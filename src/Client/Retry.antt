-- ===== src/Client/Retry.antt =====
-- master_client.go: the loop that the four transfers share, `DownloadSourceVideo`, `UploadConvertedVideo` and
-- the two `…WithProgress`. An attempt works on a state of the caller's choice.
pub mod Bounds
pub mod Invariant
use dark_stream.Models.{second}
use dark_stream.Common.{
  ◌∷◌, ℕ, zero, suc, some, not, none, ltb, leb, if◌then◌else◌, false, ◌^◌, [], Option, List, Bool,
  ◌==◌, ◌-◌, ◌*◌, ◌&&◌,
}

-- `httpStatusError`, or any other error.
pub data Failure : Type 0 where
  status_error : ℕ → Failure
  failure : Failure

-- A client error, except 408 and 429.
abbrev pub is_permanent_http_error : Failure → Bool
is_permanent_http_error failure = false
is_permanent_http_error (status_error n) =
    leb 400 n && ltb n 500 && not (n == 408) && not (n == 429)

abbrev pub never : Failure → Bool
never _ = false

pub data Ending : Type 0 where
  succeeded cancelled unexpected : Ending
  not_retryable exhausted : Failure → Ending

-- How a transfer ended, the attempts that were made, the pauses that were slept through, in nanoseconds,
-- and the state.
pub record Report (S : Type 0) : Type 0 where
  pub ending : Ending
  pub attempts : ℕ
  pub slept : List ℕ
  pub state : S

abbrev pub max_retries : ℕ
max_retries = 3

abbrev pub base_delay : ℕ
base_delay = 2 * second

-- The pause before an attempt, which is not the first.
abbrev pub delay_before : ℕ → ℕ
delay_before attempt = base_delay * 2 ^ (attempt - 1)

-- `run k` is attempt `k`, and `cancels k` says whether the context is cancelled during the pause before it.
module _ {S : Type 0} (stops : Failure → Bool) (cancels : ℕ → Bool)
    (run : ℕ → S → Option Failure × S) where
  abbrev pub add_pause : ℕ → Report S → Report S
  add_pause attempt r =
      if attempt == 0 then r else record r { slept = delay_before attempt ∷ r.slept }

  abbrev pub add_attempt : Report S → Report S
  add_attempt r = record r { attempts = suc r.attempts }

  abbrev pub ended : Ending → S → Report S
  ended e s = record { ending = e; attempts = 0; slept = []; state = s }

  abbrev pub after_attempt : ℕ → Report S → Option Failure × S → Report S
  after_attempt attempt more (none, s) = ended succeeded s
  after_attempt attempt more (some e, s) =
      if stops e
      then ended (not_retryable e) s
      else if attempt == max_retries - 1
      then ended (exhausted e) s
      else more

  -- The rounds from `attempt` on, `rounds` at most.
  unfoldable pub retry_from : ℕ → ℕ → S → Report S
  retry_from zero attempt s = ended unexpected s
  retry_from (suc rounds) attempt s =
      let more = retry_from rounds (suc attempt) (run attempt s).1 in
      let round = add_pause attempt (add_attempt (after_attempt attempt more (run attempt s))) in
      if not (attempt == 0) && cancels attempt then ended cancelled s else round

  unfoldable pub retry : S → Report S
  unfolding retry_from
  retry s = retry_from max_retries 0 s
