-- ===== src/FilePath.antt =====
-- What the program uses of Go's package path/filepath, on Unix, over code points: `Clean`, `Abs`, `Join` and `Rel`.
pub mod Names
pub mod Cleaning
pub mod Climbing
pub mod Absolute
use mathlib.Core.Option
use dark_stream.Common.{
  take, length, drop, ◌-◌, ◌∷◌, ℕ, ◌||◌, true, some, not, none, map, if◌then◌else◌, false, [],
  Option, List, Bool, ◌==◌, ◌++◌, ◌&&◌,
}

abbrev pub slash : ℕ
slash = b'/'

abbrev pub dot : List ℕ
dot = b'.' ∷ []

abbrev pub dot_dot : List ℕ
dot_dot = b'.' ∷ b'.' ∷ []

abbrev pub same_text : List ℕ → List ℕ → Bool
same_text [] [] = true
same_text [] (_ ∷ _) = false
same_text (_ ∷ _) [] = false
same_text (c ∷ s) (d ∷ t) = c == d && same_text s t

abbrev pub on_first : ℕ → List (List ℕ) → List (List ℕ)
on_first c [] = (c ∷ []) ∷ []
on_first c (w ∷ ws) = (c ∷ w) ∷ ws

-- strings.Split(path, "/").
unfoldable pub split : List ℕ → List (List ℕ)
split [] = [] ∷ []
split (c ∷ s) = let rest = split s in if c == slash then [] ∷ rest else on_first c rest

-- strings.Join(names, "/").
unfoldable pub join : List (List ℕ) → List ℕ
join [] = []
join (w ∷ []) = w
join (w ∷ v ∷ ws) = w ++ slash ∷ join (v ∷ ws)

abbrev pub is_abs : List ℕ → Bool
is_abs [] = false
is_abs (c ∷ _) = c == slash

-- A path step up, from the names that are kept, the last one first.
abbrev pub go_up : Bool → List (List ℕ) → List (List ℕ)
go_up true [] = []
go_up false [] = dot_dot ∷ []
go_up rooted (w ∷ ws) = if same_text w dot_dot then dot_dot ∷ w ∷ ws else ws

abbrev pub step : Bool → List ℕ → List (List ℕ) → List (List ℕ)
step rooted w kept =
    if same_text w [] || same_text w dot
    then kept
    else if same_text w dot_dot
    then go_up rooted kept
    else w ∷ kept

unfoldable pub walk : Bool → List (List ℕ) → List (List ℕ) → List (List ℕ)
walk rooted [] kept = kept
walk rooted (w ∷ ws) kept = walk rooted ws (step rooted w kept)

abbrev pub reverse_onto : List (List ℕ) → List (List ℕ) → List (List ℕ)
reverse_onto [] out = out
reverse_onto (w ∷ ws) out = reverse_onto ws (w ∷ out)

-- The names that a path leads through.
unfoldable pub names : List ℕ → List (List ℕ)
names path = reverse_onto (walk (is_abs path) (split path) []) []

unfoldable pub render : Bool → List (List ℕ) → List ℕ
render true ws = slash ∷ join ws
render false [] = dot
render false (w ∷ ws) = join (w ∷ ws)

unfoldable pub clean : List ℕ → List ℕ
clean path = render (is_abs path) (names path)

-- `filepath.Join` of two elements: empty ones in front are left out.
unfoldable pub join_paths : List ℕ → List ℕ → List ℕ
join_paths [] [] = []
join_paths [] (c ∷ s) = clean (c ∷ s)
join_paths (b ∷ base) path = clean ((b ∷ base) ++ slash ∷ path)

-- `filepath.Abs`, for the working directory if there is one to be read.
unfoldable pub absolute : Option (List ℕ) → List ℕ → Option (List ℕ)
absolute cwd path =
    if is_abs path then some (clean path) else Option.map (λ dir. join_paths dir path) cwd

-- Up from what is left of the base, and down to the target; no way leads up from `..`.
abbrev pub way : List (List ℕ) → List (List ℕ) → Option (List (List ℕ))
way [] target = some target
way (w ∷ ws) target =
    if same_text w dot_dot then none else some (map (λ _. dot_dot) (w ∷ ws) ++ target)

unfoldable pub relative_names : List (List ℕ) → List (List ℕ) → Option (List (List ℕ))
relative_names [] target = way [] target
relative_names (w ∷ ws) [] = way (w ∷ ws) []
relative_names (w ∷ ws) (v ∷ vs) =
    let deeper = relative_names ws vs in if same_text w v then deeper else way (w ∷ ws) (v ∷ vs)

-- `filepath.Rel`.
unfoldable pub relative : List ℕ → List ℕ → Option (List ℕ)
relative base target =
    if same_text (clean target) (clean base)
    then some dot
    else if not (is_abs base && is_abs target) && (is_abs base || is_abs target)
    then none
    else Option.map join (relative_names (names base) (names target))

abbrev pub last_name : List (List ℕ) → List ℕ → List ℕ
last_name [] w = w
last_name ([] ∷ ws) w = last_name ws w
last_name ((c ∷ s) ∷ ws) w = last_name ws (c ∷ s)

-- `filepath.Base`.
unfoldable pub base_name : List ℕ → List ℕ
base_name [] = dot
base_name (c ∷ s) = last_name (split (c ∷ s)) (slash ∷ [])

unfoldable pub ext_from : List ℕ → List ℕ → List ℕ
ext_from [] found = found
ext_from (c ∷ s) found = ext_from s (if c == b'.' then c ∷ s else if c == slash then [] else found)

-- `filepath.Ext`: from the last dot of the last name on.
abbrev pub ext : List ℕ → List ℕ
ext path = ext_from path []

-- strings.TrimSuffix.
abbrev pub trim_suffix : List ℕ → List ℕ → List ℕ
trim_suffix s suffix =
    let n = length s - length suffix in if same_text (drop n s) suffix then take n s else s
········
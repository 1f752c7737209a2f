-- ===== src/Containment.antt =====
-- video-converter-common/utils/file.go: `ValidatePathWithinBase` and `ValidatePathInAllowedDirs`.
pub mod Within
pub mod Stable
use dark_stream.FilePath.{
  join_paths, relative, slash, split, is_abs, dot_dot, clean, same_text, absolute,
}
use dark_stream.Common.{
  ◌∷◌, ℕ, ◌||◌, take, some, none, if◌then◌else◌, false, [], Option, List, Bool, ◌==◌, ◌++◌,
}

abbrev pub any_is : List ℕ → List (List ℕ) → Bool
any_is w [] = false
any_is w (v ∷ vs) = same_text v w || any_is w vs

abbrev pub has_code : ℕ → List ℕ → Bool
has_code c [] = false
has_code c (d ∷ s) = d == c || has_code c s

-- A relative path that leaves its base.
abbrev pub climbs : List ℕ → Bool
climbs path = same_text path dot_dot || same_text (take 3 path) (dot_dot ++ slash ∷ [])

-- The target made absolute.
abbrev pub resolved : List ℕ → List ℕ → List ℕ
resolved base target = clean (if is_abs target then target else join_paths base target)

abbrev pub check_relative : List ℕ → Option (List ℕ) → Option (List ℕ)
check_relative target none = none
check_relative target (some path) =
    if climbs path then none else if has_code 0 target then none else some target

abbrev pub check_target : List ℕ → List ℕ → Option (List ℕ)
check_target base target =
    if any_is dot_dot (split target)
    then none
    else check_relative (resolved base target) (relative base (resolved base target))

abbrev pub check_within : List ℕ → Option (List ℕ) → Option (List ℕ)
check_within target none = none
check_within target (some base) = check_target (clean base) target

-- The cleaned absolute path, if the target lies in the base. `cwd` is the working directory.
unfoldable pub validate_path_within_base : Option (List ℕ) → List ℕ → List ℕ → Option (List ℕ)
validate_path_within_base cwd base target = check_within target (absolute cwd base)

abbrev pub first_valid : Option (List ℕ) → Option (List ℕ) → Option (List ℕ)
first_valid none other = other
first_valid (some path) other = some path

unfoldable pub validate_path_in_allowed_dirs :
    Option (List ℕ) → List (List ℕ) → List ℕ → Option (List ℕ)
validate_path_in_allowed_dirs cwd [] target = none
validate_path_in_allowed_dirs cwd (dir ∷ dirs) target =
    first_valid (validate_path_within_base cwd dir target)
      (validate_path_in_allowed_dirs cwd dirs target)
········
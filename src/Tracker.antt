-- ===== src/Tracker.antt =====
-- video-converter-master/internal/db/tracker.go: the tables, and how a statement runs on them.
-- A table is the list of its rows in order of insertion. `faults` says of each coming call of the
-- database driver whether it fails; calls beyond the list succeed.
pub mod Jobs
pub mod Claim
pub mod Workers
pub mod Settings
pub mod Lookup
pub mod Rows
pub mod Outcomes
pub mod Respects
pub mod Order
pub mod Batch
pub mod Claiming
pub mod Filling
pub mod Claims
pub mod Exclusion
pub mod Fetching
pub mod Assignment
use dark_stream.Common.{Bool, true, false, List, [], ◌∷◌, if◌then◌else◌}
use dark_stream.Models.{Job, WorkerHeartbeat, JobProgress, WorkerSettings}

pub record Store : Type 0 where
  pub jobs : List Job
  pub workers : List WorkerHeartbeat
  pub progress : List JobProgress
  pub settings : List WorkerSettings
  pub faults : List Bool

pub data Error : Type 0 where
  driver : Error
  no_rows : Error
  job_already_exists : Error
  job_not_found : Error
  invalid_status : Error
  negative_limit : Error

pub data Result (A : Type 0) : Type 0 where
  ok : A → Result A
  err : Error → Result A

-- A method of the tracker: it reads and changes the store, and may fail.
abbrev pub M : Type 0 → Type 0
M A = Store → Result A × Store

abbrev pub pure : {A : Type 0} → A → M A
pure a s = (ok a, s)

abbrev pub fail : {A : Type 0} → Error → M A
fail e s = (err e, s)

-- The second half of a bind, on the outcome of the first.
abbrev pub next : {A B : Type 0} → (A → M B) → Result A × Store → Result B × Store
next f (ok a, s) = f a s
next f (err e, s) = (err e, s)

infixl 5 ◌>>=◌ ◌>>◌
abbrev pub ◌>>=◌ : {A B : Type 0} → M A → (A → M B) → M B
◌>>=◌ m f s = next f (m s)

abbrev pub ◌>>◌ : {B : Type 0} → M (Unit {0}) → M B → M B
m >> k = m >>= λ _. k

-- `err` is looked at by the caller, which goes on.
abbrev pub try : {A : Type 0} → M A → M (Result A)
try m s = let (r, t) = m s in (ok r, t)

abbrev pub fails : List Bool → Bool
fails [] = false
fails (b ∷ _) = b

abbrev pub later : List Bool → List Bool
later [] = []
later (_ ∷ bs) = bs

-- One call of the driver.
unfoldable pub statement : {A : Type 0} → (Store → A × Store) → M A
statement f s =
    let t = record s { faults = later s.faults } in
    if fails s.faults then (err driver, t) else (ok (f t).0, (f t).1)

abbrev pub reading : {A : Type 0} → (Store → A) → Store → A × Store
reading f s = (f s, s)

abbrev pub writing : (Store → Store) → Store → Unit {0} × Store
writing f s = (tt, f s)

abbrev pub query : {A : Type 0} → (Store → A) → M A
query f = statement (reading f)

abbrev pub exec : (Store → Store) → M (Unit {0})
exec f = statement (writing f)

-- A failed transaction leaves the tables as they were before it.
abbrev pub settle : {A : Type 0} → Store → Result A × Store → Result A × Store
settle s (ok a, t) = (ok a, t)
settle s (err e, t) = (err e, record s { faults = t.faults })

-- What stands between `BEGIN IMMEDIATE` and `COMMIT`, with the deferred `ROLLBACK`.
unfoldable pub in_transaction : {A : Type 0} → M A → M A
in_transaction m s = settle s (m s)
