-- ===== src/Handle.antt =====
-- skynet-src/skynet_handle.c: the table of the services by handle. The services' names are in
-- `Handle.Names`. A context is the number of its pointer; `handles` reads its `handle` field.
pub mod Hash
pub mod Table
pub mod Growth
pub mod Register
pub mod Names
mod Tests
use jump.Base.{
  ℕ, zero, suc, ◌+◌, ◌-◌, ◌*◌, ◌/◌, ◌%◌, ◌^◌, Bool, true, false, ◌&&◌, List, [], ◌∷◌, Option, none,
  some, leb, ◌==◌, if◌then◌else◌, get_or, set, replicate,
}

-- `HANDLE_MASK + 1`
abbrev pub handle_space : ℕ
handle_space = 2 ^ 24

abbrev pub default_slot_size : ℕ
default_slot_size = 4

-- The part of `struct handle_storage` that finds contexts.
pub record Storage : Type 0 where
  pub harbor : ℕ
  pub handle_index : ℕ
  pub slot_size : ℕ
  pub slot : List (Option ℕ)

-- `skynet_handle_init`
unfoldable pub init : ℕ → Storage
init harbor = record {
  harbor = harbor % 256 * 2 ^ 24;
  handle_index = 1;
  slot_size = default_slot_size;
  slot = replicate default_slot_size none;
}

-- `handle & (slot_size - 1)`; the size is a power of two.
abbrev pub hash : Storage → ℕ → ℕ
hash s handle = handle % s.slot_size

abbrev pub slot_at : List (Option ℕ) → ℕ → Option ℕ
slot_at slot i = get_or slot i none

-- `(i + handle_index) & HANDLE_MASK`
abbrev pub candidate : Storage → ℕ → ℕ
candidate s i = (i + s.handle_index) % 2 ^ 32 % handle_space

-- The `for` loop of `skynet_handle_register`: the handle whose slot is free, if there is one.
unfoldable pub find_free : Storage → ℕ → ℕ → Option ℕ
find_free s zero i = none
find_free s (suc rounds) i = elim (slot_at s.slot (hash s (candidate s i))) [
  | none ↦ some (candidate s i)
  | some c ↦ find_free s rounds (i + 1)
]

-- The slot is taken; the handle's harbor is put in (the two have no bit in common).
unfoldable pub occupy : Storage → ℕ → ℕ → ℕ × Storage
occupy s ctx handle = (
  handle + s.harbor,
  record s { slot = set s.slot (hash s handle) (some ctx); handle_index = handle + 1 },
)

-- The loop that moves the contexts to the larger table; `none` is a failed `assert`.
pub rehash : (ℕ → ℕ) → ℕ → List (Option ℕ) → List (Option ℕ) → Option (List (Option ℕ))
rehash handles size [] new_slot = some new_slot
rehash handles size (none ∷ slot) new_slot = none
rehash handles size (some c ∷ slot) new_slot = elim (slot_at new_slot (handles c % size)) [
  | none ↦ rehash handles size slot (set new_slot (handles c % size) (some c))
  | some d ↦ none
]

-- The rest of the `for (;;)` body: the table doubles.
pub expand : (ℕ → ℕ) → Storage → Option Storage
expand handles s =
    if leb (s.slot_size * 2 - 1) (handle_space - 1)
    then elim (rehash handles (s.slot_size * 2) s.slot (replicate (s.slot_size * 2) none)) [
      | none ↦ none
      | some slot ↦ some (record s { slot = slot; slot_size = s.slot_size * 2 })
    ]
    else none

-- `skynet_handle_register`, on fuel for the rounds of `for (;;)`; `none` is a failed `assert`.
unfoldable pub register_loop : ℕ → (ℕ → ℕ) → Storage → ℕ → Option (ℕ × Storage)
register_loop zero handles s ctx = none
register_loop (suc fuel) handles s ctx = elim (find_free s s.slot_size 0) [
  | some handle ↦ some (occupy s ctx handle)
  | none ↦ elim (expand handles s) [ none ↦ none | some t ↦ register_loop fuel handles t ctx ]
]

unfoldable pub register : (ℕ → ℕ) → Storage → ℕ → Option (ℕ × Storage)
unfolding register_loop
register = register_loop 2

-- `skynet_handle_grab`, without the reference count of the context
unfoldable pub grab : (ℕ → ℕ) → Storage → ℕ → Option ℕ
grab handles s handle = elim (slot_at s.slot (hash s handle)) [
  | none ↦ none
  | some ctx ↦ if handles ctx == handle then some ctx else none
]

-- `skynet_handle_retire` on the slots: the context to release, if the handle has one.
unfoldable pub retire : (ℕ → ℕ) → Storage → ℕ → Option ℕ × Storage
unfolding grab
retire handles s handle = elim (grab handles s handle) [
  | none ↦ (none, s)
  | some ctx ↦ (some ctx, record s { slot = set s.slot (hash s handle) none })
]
········
### EXERCISE AIM
All that is wanted is the stretch of lines above from the one containing "first_valid none other = other" through the one containing "first_valid (validate_path_within_base cwd", duplicated exactly.

### ANSWER FOR THE TASK
first_valid none other = other
first_valid (some path) other = some path

unfoldable pub validate_path_in_allowed_dirs :
    Option (List ℕ) → List (List ℕ) → List ℕ → Option (List ℕ)
validate_path_in_allowed_dirs cwd [] target = none
validate_path_in_allowed_dirs cwd (dir ∷ dirs) target =
    first_valid (validate_path_within_base cwd dir target)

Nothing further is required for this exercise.